Royal Melbourne says XP virus is under control
Melbourne Health says the virus that infected its network over the weekend and caused major problems to the pathology department is now under control.
As reported by The Age on Monday, Royal Melbourne Hospital told staff in an email that the virus had hit the pathology department, causing staff to manually process specimens and disrupting electronic order and results entry.
Melbourne Health issued a very brief statement on Tuesday saying the organisation wanted to reassure patients that there was minimal disruption to patient services.
"Elective surgery and our emergency department are operating as normal,” it said. "There have been a very small number of outpatient cancellations. Our IT team are making good progress in rectifying the issue and we hope to be back to normal as soon as possible."
It has since superseded this with another brief statement saying it was managing the virus.
“While the virus has been disruptive to the organisation, due to the tireless work of staff we have been able to minimise this disruption to our patients and ensure patient safety has been maintained,” the statement says.

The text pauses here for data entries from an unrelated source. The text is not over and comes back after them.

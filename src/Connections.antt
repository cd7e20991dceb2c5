-- ===== src/Connections.antt =====
-- hub/src/lehen_hub/user/connections_service.py: a user's connections to integration instances.
pub mod Rows
pub mod Gates
pub mod Grant
pub mod History
pub mod Invariant
pub mod Loops
pub mod Orphans
pub mod Revocation
pub mod Cascade
pub mod Tokens
pub mod Flow
pub mod FlowFrame
pub mod Completing
pub mod Refreshing
pub mod Checks
pub mod Completed
pub mod Usable
pub mod Initiated
pub mod Staleness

“Computers running on most of our systems are now clear of the virus and IT staff are working to restore the remaining Windows XP computers as quickly as possible.
“As of 10am [November 19], many programs affected by the virus are up and running including pathology and pharmacy.”
The head of Royal Melbourne's ICU, Chris MacIsaac, told 3AW that the virus had stopped hospital staff from accessing pathology results.
“This has slowed down the process and we have reverted to old-fashioned methods with paper-based records and phoning through and faxing results," Associate Professor MacIsaac said.
While Windows XP has not been supported by Microsoft for close to two years, many large healthcare organisations have yet to upgrade to a newer operating system due to cost or are still running XP machines to support the vast number of legacy clinical, administrative and research systems widely used in hospitals.
A Pulse+IT source said it was possible that a backdoor had been found into Melbourne Health's systems but it was very common for viruses to be introduced by visiting clinicians or researchers plugging in their personal laptop or a USB.